Education campaign needed on GHLI privatization plan
I join Maria Pangelinan’s alarm about the Retirement Fund’s plan to privatize the government health insurance program. The Fund, it seems, is quick to spend money to hire consultants to study the program’s privatization but has done little to educate its members of the prospective changes to the program.
The Fund needs to address this matter before they even propose a “cafeteria-style” health insurance private program, much more so if there would only be two servings (proposers). The Fund, at the very least, should educate its members on what the proposals entail and what options are available for its members before they are faced with no other choice but to choose a program that would not cover pre-existing conditions or will do so only with increased premiums that’s as high by as much as 300 percent of their present premium payments. If someone with dependents is presently paying $160 per month for the high option coverage, their new premium, if they have pre-existing conditions like diabetes, or something similar, could increase to $500 monthly. That is, if a provider will even provide coverage for pre-existing conditions.
Those members with pre-existing conditions who decide to have health insurance coverage could very well eat up two-thirds of their monthly pension just to have high option health insurance coverage for themselves and their dependents.
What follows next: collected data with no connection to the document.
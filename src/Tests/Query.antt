-- ===== src/Tests/Query.antt =====
-- Queries against a small document.
use mathlib.Core.Path.{subst}
use molten_db.Prelude.{
  ◌∙◌, true, ◌≡◌, refl, false, not, none, some, [], ◌∷◌, ◌++◌, codes, arith, All, nat_beq, ltb, leb,
  str_beq,
}
use molten_db.Json.{Value, Items, pos_int, number, string, object, nil, cons, end, field}
use molten_db.Json.Object
use molten_db.Codec.Canon.{IsText, IsEncodable}
use molten_db.Codec.Utf8.{is_utf8}
use molten_db.Codec.Token.{system_token}
use molten_db.Codec.Write.{write_value, write_map_key, value_to_msgpack}
use molten_db.Query.Host.{Host}
use molten_db.Query.Operator
use molten_db.Query.Nested.{split_path, get_nested_value, exclude_from, exclude}
use molten_db.Query.Nested.Laws.{AllGone, exclude_from-AllGone}
use molten_db.Query.Bytes.{find_msgpack_value}
use molten_db.Query.Bytes.Points.{Points}
use molten_db.Query.Bytes.Laws.{IsSegment, find_msgpack_value-get_nested_value}
use molten_db.Query.Predicate.{evaluate_predicate_msgpack}
use molten_db.Query.Predicate.Reference.{IsSearchable, test_decoded, holds_text}
use molten_db.Query.Predicate.Agreement.{evaluate_predicate_msgpack-evaluate_where}
use molten_db.Query.Where.{evaluate_where, contains_str, starts_with}
use molten_db.Query.Operator.{contains, or, and}
use molten_db.Engine.Types.{ok}
use molten_db.Query.Predicate.Decoded.{evaluate_predicate_msgpack-test_decoded}
use molten_db.Tests.Codec.{skip_one, skip_one-Skips}

-- Doubles that hold small numbers only.
abbrev pub host : Host
host = record {
  lowercase = λ s. s;
  of_u64 = λ n. n;
  of_negative = λ n. 0;
  to_u64 = λ n. n;
  less = ltb;
  at_most = leb;
  equal = nat_beq;
  near = nat_beq;
  apart = λ a b. not (nat_beq a b);
}

-- {"a": {"n": 5, "t": "xyz"}}
abbrev doc : Value
doc = object (
    field (codes "a")
      (object
        (field (codes "n") (number (pos_int 5)) (field (codes "t") (string (codes "xyz")) end)))
      end)

a_IsText : IsText (codes "a")
unfolding is_utf8
a_IsText = record { short = omega arith; utf8 = refl }

n_IsText : IsText (codes "n")
unfolding is_utf8
n_IsText = record { short = omega arith; utf8 = refl }

t_IsText : IsText (codes "t")
unfolding is_utf8
t_IsText = record { short = omega arith; utf8 = refl }

xyz_IsText : IsText (codes "xyz")
unfolding is_utf8
xyz_IsText = record { short = omega arith; utf8 = refl }

doc-IsEncodable : IsEncodable doc
unfolding Object.len
doc-IsEncodable = (
  omega arith,
  (a_IsText, (omega arith, (n_IsText, omega arith, (t_IsText, xyz_IsText, tt))), tt),
)

a_IsSegment : IsSegment (codes "a")
unfolding write_map_key str_beq
a_IsSegment = record { text = a_IsText; plain = refl }

t_IsSegment : IsSegment (codes "t")
unfolding write_map_key str_beq
t_IsSegment = record { text = t_IsText; plain = refl }

find_msgpack_value-get_nested_value_example :
    Points
      (find_msgpack_value skip_one (codes "a" ∷ codes "t" ∷ []) (write_value doc ++ []))
      (get_nested_value doc (codes "a" ∷ codes "t" ∷ []))
find_msgpack_value-get_nested_value_example =
    find_msgpack_value-get_nested_value skip_one skip_one-Skips (codes "a") (codes "t" ∷ [])
      a_IsSegment (t_IsSegment, tt) doc [] doc-IsEncodable

path : split_path (codes "a.t") ≡ codes "a" ∷ codes "t" ∷ []
unfolding split_path
path = refl

path_IsSegment : All IsSegment (split_path (codes "a.t"))
path_IsSegment = rw path (a_IsSegment, (t_IsSegment, tt))

plain_path : system_token (codes "a.t") ≡ none
unfolding system_token str_beq
plain_path = refl

found_IsSearchable :
    (x : Value) → get_nested_value doc (split_path (codes "a.t")) ≡ some x → IsSearchable x
unfolding get_nested_value split_path Object.lookup str_beq
found_IsSearchable x found =
    let own : string (codes "xyz") ≡ x = ground (arith, found) in subst IsSearchable own tt

no_keywords :
    (str_beq (codes "a.t") (Operator.as_str or) ≡ false)
    × (str_beq (codes "a.t") (Operator.as_str and) ≡ false)
    × (Operator.from_str (codes "$ct") ≡ some contains)
unfolding Operator.as_str Operator.from_str Operator.find_operator Operator.has_str Operator.aliases
    str_beq
no_keywords = (refl, refl, refl)

found_there : get_nested_value doc (split_path (codes "a.t")) ≡ some (string (codes "xyz"))
unfolding get_nested_value split_path Object.lookup str_beq
found_there = refl

decided :
    evaluate_predicate_msgpack skip_one host
      (value_to_msgpack doc)
      (codes "a.t")
      (codes "$ct")
      (string (codes "yz"))
    ≡ some true
unfolding test_decoded holds_text contains_str starts_with
decided =
    evaluate_predicate_msgpack-test_decoded host skip_one skip_one-Skips doc (codes "a.t")
      (codes "$ct") (string (codes "yz")) doc-IsEncodable plain_path path_IsSegment
      found_IsSearchable
    ∙ rw (found_there, no_keywords.2) refl

evaluate_predicate_msgpack-evaluate_where_example :
    evaluate_where host doc
      (object (field (codes "a.t") (object (field (codes "$ct") (string (codes "yz")) end)) end))
    ≡ ok true
evaluate_predicate_msgpack-evaluate_where_example =
    evaluate_predicate_msgpack-evaluate_where host skip_one skip_one-Skips doc
      (string (codes "xyz")) (codes "a.t") (codes "$ct") contains (string (codes "yz")) true
      doc-IsEncodable plain_path path_IsSegment no_keywords.0 no_keywords.1 found_there tt
      no_keywords.2 tt decided

abbrev names : Items
names = cons (string (codes "a.t")) (cons (string (codes "a.n")) nil)

abbrev fields : Object.Fields
fields =
    field (codes "a")
      (object
        (field (codes "n") (number (pos_int 5)) (field (codes "t") (string (codes "xyz")) end)))
      end

nothing_left : exclude doc names ≡ object end
unfolding exclude split_path Object.get str_beq Object.insert
nothing_left = refl

exclude_from-AllGone_example : AllGone names (exclude_from names fields)
exclude_from-AllGone_example = exclude_from-AllGone names fields
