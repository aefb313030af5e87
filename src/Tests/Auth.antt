-- ===== src/Tests/Auth.antt =====
-- Tokens with a few scopes, and a codec that knows two of them.
use mathlib.Core.Path.{subst}
use molten_db.Prelude.{
  sym, le→leb, ◌≡◌, refl, ℕ, ◌+◌, ◌≤◌, Bool, true, false, ◌&&◌, ◌||◌, ◌≢◌, All, str_eq, none, some,
  List, [], ◌∷◌, ◌++◌, Bytes, Str, codes, arith, str_beq, str_beq→eq, nat_beq, leb, ltb,
  if◌then◌else◌, Bool-cases, inl, inr,
}
use molten_db.Prelude.Map.{Map}
use molten_db.Prelude.Map
use molten_db.Json.{Fields, null, string, object, field, end, bool}
use molten_db.Json.Object
use molten_db.Auth.{
  Claims, any, has_star, ends_with_star, strip_star, scope_parts, splitn, split_once, grants,
  key_matches, allowed_key, is_admin, has_access, has_collection_access, allowed_keys,
  extract_prefixes,
}
use molten_db.Query.Where.{starts_with}
use molten_db.Codec.Write.{value_to_msgpack}
use molten_db.Reads.{get_filtered}
use molten_db.Reads.Keys.{KeysAll}
use molten_db.Tests.Codec.{skip_one}
use molten_db.Tests.Query.{host}
use molten_db.Handlers.Fetch.{
  Coalesced, keys_field, allowed_prefixes_field, fetch_documents, scan_params,
}
use molten_db.Handlers.Route.{
  handle_get, handle_get_in, run, check_request, may_read_all, requested_keys, text_at,
  fetch_params, number_at, parsed, parse_get_params,
}
use molten_db.Handlers.Requests.{IsAsked, IsReadable, documents}
use molten_db.Handlers.Scoped.{handle_get-KeysAll}
use molten_db.Handlers.Leak.{handle_get-leak}
use molten_db.Auth.Access.{has_access-allowed_keys, IsSingle, key_single}
use molten_db.Auth.Pattern.{ends_single}
use molten_db.Auth.Token.{
  TokenCodec, ok, err, invalid_token, token_expired, auth_middleware, bearer, prune, revoke,
  revoked, passed, refresh_scoped_token, refresh_claims, create_scoped_token, verify_token,
  is_revoked,
}
use molten_db.Auth.Token.Refresh.{IsSound, auth_middleware-refresh_scoped_token}

abbrev reader : Claims
reader = record {
  sub = codes "ann";
  exp = 100;
  scopes = codes "read:laptops:lp1" ∷ codes "read:laptops:s_*" ∷ [];
  jti = codes "j1";
}

abbrev renewed : Claims
renewed = record reader { exp = 40; jti = codes "j2" }

abbrev texts_beq : List Str → List Str → Bool
texts_beq [] [] = true
texts_beq (s ∷ ss) (t ∷ ts) = str_beq s t && texts_beq ss ts
texts_beq _ _ = false

texts_beq→eq : (ss ts : List Str) → texts_beq ss ts ≡ true → ss ≡ ts
texts_beq→eq [] [] h = refl
texts_beq→eq [] (t ∷ ts) h = absurd (cc h)
texts_beq→eq (s ∷ ss) [] h = absurd (cc h)
texts_beq→eq (s ∷ ss) (t ∷ ts) h = ground (arith, str_beq→eq s t, texts_beq→eq ss ts)

abbrev claims_beq : Claims → Claims → Bool
claims_beq c d =
    str_beq c.sub d.sub
    && (nat_beq c.exp d.exp && (texts_beq c.scopes d.scopes && str_beq c.jti d.jti))

claims_beq→eq : (c d : Claims) → claims_beq c d ≡ true → c ≡ d
claims_beq→eq c d h =
    ground (arith, str_beq→eq c.sub d.sub, texts_beq→eq c.scopes d.scopes, str_beq→eq c.jti d.jti)

abbrev table : TokenCodec
table = record {
  encode = λ c.
      if claims_beq c reader
      then ok (codes "a")
      else if claims_beq c renewed
      then ok (codes "b")
      else err invalid_token;
  decode = λ now token.
      if str_beq token (codes "a")
      then (if leb now 160 then ok reader else err token_expired)
      else if str_beq token (codes "b")
      then (if leb now 100 then ok renewed else err token_expired)
      else err invalid_token;
}

opens_as :
    (own claims : Claims) (text token : Str) (now : ℕ)
    → own ≡ claims
    → text ≡ token
    → table.decode now text ≡ ok own
    → table.decode now token ≡ ok claims
opens_as own claims text token now same label opened =
    subst (λ t. table.decode now t ≡ ok claims) label
      (subst (λ c. table.decode now text ≡ ok c) same opened)

label_of : (s t : Str) → ok s ≡ ok t → s ≡ t
label_of s t h = ground (arith, h)

table-opens :
    (claims : Claims) (token : Str) (now : ℕ)
    → table.encode claims ≡ ok token
    → now ≤ claims.exp + 60
    → table.decode now token ≡ ok claims
unfolding str_beq
table-opens claims token now h late = elim (Bool-cases (claims_beq claims reader)) [
  | inl own ↦
      let same = claims_beq→eq claims reader own in
      let early : now ≤ reader.exp + 60 = rw same at late in
      opens_as reader claims (codes "a") token now (sym same)
        (label_of (codes "a") token (rw own at h)) (rw (le→leb now 160 early) refl)
  | inr other ↦ elim (Bool-cases (claims_beq claims renewed)) [
    | inl own ↦
        let same = claims_beq→eq claims renewed own in
        let early : now ≤ renewed.exp + 60 = rw same at late in
        opens_as renewed claims (codes "b") token now (sym same)
          (label_of (codes "b") token (rw (other, own) at h)) (rw (le→leb now 100 early) refl)
    | inr neither ↦ absurd (let q : err invalid_token ≡ ok token = rw (other, neither) at h in cc q)
  ]
]

table-IsSound : IsSound table 60
table-IsSound = record { opens = table-opens }

auth_middleware-refresh_scoped_token_example :
    auth_middleware table 40
      (some (bearer ++ codes "a"))
      (some (prune 40 (revoke (codes "j1") 40 [])))
    ≡ (if ltb 40 (0 + 40) then revoked else passed reader)
unfolding refresh_scoped_token refresh_claims create_scoped_token verify_token is_admin is_revoked
    str_beq revoke Map.insert Map.get
auth_middleware-refresh_scoped_token_example =
    auth_middleware-refresh_scoped_token table 60 table-IsSound 0 40 40 (codes "j2") (codes "a")
      reader [] (revoke (codes "j1") 40 []) (codes "b", codes "j2") refl refl (omega arith)
      (omega arith)

plain_key : has_star (codes "lp1") ≡ false
unfolding has_star
plain_key = refl

reader-IsSingle : All IsSingle reader.scopes
unfolding key_single ends_single ends_with_star strip_star scope_parts splitn split_once
reader-IsSingle = (refl, (refl, tt))

has_access-allowed_keys_example :
    has_access reader (codes "read") (codes "laptops") (codes "lp1") ≡ (
      has_collection_access reader (codes "read") (codes "laptops")
      || (any (λ s. str_beq s (codes "lp1")) (allowed_keys reader (codes "read") (codes "laptops"))
          || any
              (starts_with (codes "lp1"))
              (extract_prefixes reader (codes "read") (codes "laptops"))))
has_access-allowed_keys_example =
    has_access-allowed_keys reader (codes "read") (codes "laptops") (codes "lp1") plain_key
      reader-IsSingle

-- A token is no administrator's.
closed : has_collection_access reader (codes "read") (codes "laptops") ≡ false
unfolding has_collection_access has_access grants key_matches str_beq scope_parts splitn split_once
    strip_star starts_with
closed = refl

abbrev laptops : Map Str (Map Str Bytes)
laptops =
    (
      codes "laptops",
      (codes "lp1", value_to_msgpack null) ∷ (codes "s_9", value_to_msgpack null) ∷ [],
    )
    ∷ []

abbrev nothing_shared : Coalesced
nothing_shared = λ col predicate count asc. []

abbrev asked : Fields
asked =
    field (codes "collection") (string (codes "laptops"))
      (field (codes "keys") (string (codes "s_9")) end)

goes_on : handle_get reader (object asked) ≡ run (object asked)
unfolding handle_get handle_get_in has_collection_access has_access grants key_matches str_beq
    scope_parts splitn split_once strip_star starts_with allowed_keys allowed_key has_star
    check_request may_read_all requested_keys Object.lookup Object.get Object.as_str
goes_on = refl

named : text_at (object asked) (codes "collection") ≡ some (codes "laptops")
unfolding Object.lookup Object.get Object.as_str str_beq
named = refl

asked-IsAsked : IsAsked (Object.get asked keys_field)
unfolding Object.get str_beq
asked-IsAsked = tt

handle_get-KeysAll_example :
    KeysAll
      (IsReadable reader (codes "laptops"))
      (documents reader (codes "laptops") skip_one host nothing_shared laptops [] (object asked))
handle_get-KeysAll_example =
    handle_get-KeysAll reader (codes "laptops") skip_one host nothing_shared laptops [] closed
      reader-IsSingle asked (object asked) named asked-IsAsked goes_on

abbrev odd : Fields
odd = field (codes "collection") (string (codes "laptops")) (field (codes "keys") (bool true) end)

odd_parts :
    (text_at (object odd) (codes "collection") ≡ some (codes "laptops"))
    × (Object.get odd keys_field ≡ some (bool true))
    × (Object.get odd (codes "where") ≡ none)
    × (Object.get odd allowed_prefixes_field ≡ none)
    × (Object.get odd (codes "sort") ≡ none)
    × (ltb 1000 (number_at (object odd) (codes "count") 100) ≡ false)
unfolding Object.lookup Object.get Object.as_str str_beq
odd_parts = (refl, refl, refl, refl, refl, refl)

lasting : Map.get {K = Str} {V = ℕ} [] (codes "laptops") ≡ none
unfolding Map.get
lasting = refl

one_key : allowed_keys reader (codes "read") (codes "laptops") ≢ []
unfolding allowed_keys allowed_key has_star str_beq scope_parts splitn split_once
one_key h = cc h

handle_get-leak_example :
    (handle_get reader (object odd) ≡ run (object odd))
    × (parse_get_params [] 5 (object odd) ≡ parsed (fetch_params (object odd)))
    × (fetch_documents skip_one host nothing_shared laptops [] (fetch_params (object odd))
        ≡ get_filtered skip_one
            (scan_params (fetch_params (object odd)) (λ k bs. true) false)
            laptops
            []
            (codes "laptops"))
handle_get-leak_example =
    handle_get-leak reader (codes "laptops") odd (bool true) tt odd_parts.1 skip_one host
      nothing_shared laptops [] [] 5 odd_parts.0 odd_parts.4 odd_parts.2 odd_parts.3 odd_parts.5
      lasting one_key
Their only other option would be to give up health insurance coverage altogether and take their chances with their health until they reach the age when they can be covered by Medicare. And, since Medicare is the second largest federal budget item, the Congress could very well, very soon, increase the age in which coverage would take effect.
The Saipan Tribune recently translated into the Chamorro language an op-ed by Mr. William Stewart on this very issue. Someone thought that it was important and necessary that everyone, including those GHLI members who do not read the English language, should be informed about the impending unpleasant proposal that the Fund plans to offer its members.
No one disputes that the government’s health insurance program is a problem that needs fixing; it’s not as if the Fund’s plans to fix the program is malicious. Admittedly, I neither have nor do I propose a solution to the problem. That is the Fund’s responsibility. All Maria, I and others, are asking, and rightfully so, is that the Fund educate its members, through meetings, letters, television and radio programs in the Carolinian, Chamorro and English languages on what to expect in terms of coverage and what to expect in the potentially immense increase to the cost of premiums once the Fund proceeds with the privatization of the health insurance program. With their data on each member’s coverage and payments for actual charges by health providers, it may also be possible for the Fund to individualize each member’s prospective premium in their education program strategy.
The need for the Fund’s health insurance members’ education has never been greater or more urgent. For some reason, however, I have this uncanny feeling that the Fund is waiting until after the November election before they make public their decision. This is unfair.